*** Listed records ***

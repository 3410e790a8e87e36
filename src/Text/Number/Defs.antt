-- ===== src/Text/Number/Defs.antt =====
-- The integers, decimal digits, and Atoi with its two errors.
use nvidia_ci.Common.{
  ℕ, zero, suc, ◌+◌, ◌-◌, ◌*◌, ◌^◌, Bool, true, false, ◌&&◌, [], ◌∷◌, ◌==◌, leb, ltb, if◌then◌else◌,
}
use nvidia_ci.Text.Defs.{Text}

-- `negsuc n` is -(n + 1).
pub data ℤ : Type 0 where
  pos : ℕ → ℤ
  negsuc : ℕ → ℤ

-- a - b, as an integer
abbrev pub sub_ℕ : ℕ → ℕ → ℤ
sub_ℕ a b = if leb b a then pos (a - b) else negsuc (b - a - 1)

abbrev pub neg : ℕ → ℤ
neg zero = pos 0
neg (suc n) = negsuc n

-- The numbers that an int64 holds: 0 .. 2^63 - 1 above, 1 .. 2^63 below.
abbrev pub max_int : ℕ
max_int = 2 ^ 63 - 1

abbrev pub max_uint : ℕ
max_uint = 2 ^ 64 - 1

-- The value, ErrSyntax (whose value is 0), or ErrRange with the nearest value that fits.
pub data Parsed : Type 0 where
  value : ℤ → Parsed
  bad_syntax : Parsed
  out_of_range : ℤ → Parsed

unfoldable pub is_digit : ℕ → Bool
is_digit c = leb b'0' c && leb c b'9'

pub data Scanned : Type 0 where
  scanned : ℕ → Scanned
  invalid overflow : Scanned

-- The loop of strconv.ParseUint: it stops at the first byte that is no digit or does not fit.
unfoldable pub scan : Text → ℕ → Scanned
unfolding is_digit
scan [] n = scanned n
scan (c ∷ s) n =
    if is_digit c
    then if leb (n * 10 + (c - b'0')) max_uint then scan s (n * 10 + (c - b'0')) else overflow
    else invalid

abbrev pub signed : Bool → Scanned → Parsed
signed negative invalid = bad_syntax
signed negative overflow =
    if negative then out_of_range (negsuc max_int) else out_of_range (pos max_int)
signed negative (scanned n) =
    if negative
    then if leb n (max_int + 1) then value (neg n) else out_of_range (negsuc max_int)
    else if leb n max_int
    then value (pos n)
    else out_of_range (pos max_int)

-- A number needs a digit.
unfoldable pub scan_some : Text → Scanned
unfolding scan
scan_some [] = invalid
scan_some (c ∷ s) = scan (c ∷ s) 0

-- strconv.Atoi(s)
unfoldable pub atoi : Text → Parsed
unfolding scan_some
atoi [] = bad_syntax
atoi (c ∷ s) =
    if c == b'-'
    then signed true (scan_some s)
    else if c == b'+'
    then signed false (scan_some s)
    else signed false (scan_some (c ∷ s))

-- a < b
abbrev pub lt_int : ℤ → ℤ → Bool
lt_int (pos a) (pos b) = ltb a b
lt_int (pos a) (negsuc b) = false
lt_int (negsuc a) (pos b) = true
lt_int (negsuc a) (negsuc b) = ltb b a

unfoldable pub eq_int : ℤ → ℤ → Bool
eq_int a b = if lt_int a b then false else if lt_int b a then false else true
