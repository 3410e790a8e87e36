-- ===== src/Text/Number/Bounds.antt =====
-- About Atoi: the range of its values.
use nvidia_ci.Common.{ℕ, [], ◌∷◌, ◌≤◌, ◌≡◌, arith}
use nvidia_ci.Text.Defs.{Text}
use nvidia_ci.Text.Number.Defs.{pos, value, max_int, atoi}

-- A value that Atoi returns without an error, if it is not negative, is at most 2^63 - 1.
pub atoi-le-max_int : (s : Text) (n : ℕ) → atoi s ≡ value (pos n) → n ≤ max_int
unfolding atoi
atoi-le-max_int [] n h = cc
atoi-le-max_int (c ∷ s) n h = ground arith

***

_What the task requires_: Across the listing above, find all lines where the word "Bool" is present and copy them.

_Response_:
  ℕ, zero, suc, ◌+◌, ◌-◌, ◌*◌, ◌^◌, Bool, true, false, ◌&&◌, [], ◌∷◌, ◌==◌, leb, ltb, if◌then◌else◌,
unfoldable pub is_digit : ℕ → Bool
abbrev pub signed : Bool → Scanned → Parsed
abbrev pub lt_int : ℤ → ℤ → Bool
unfoldable pub eq_int : ℤ → ℤ → Bool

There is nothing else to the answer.